1. Performance: The performance is probably going to be limited. In the sense that most databases have better performance than most blockchain implementations. So you're arbitrarily bottlenecking your writes. There are a ton of really great papers that show you can do WAY better if you are more careful with your distributed design. They usually involve getting into the weeds of redesigning the internals database. Just for fun, I really liked these papers:
So there is a ton of space to improve the performance here, I just wanted to build something quickly.
2. Authentication: Definitely an interesting technical challenge here. Most web apps are written assuming they are one-of-many servers accessing the database, but honest and has root authority. So how do we make sure that a validator has the authority to write to a particular table/row? Right now, this is still an open challenge and would love to engage the community on ideas here. There might be some way to tag/sign all tables/rows with creator, and do some write access control based on that?

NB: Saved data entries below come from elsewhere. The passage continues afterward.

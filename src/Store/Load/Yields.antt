-- ===== src/Store/Load/Yields.antt =====
-- store/src/utils.rs: `InflationApyCalculator` and `get_apy_calculators`.
use delegation_strategy.Prelude.{
  ℕ, ◌*◌, ◌/◌, ◌||◌, List, [], ◌∷◌, HashMap, insert, min, max, ◌==◌, if◌then◌else◌, ℕ_discrete, F64,
}
use delegation_strategy.Store.Query.{Result, ok, and_then}
use delegation_strategy.Store.Dto.Scalars.{Decimal}
use delegation_strategy.Store.Load.{to_u64, or_error}

module _ (f64 : F64) where
  pub record InflationApyCalculator : Type 0 where
    pub supply : ℕ
    pub duration : ℕ
    pub inflation : f64.Float
    pub total_weighted_credits : ℕ

  -- 365.25 days, in seconds.
  abbrev pub seconds_in_year : f64.Float
  seconds_in_year =
      f64.mul (f64.mul (f64.div (f64.of_nat 36525) (f64.of_nat 100)) (f64.of_nat 24))
        (f64.of_nat 3600)

  abbrev pub seconds_in_ideal_epoch : ℕ
  seconds_in_ideal_epoch = 432000 * 400 / 1000

  abbrev pub ideal_epochs_per_year : f64.Float
  ideal_epochs_per_year = f64.div seconds_in_year (f64.of_nat seconds_in_ideal_epoch)

  unfoldable pub estimate_yields : InflationApyCalculator → ℕ → ℕ → f64.Float × f64.Float
  estimate_yields c credits commission =
      let one = f64.of_nat 1 in
      let commission_share = f64.div (f64.of_nat (max 0 (min commission 100))) (f64.of_nat 100) in
      let staker_share = f64.sub one commission_share in
      let actual_epochs_per_year = f64.div seconds_in_year (f64.of_nat c.duration) in
      let cluster_rewards_per_year = f64.mul (f64.of_nat c.supply) c.inflation in
      let cluster_rewards_per_ideal_epoch =
        f64.div cluster_rewards_per_year ideal_epochs_per_year in
      let stake_fraction_per_epoch =
        f64.div
          (f64.mul (f64.mul staker_share cluster_rewards_per_ideal_epoch) (f64.of_nat credits))
          (f64.of_nat c.total_weighted_credits) in
      if (c.total_weighted_credits == 0) || (c.duration == 0)
      then (f64.of_nat 0, f64.of_nat 0)
      else (
        f64.mul stake_fraction_per_epoch actual_epochs_per_year,
        f64.sub (f64.powf (f64.add one stake_fraction_per_epoch) actual_epochs_per_year) one,
      )

  -- A row of the query, one per epoch, which is no shorter than 0 seconds. The weighted credits are a
  -- `Decimal`, below 2^96, so that they fit a u128.
  pub record ApyInfoRow : Type 0 where
    pub epoch : Decimal
    pub duration : ℕ
    pub supply : Decimal
    pub inflation : f64.Float
    pub total_weighted_credits : Decimal

  module _ {E : Type 0} (out_of_range : E) where
    unfoldable pub insert_calculators :
        List ApyInfoRow
        → HashMap ℕ InflationApyCalculator
        → Result E (HashMap ℕ InflationApyCalculator)
    insert_calculators [] result = ok result
    insert_calculators (row ∷ rows) result =
        and_then (or_error out_of_range (to_u64 row.epoch)) (λ epoch.
          and_then (or_error out_of_range (to_u64 row.supply)) (λ supply. insert_calculators rows (
            insert ℕ_discrete epoch
              (record {
                supply = supply;
                duration = row.duration;
                inflation = row.inflation;
                total_weighted_credits = row.total_weighted_credits;
              })
              result)))

    unfoldable pub get_apy_calculators :
        Result E (List ApyInfoRow) → Result E (HashMap ℕ InflationApyCalculator)
    unfolding insert_calculators
    get_apy_calculators apy_info_rows = and_then apy_info_rows (λ rows. insert_calculators rows [])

I'm not sure how many web apps would break though.
3. Write-conflicts: Even without good access control as specified above, most web apps are written assuming they are not the only web server to be accessing the database concurrently. So I would anticipate honest servers would have either good failover logic or be wrapping operations in SQL transactions if they really needed them to be atomic. Either way, I don't see any issues being serialized and appended to the log.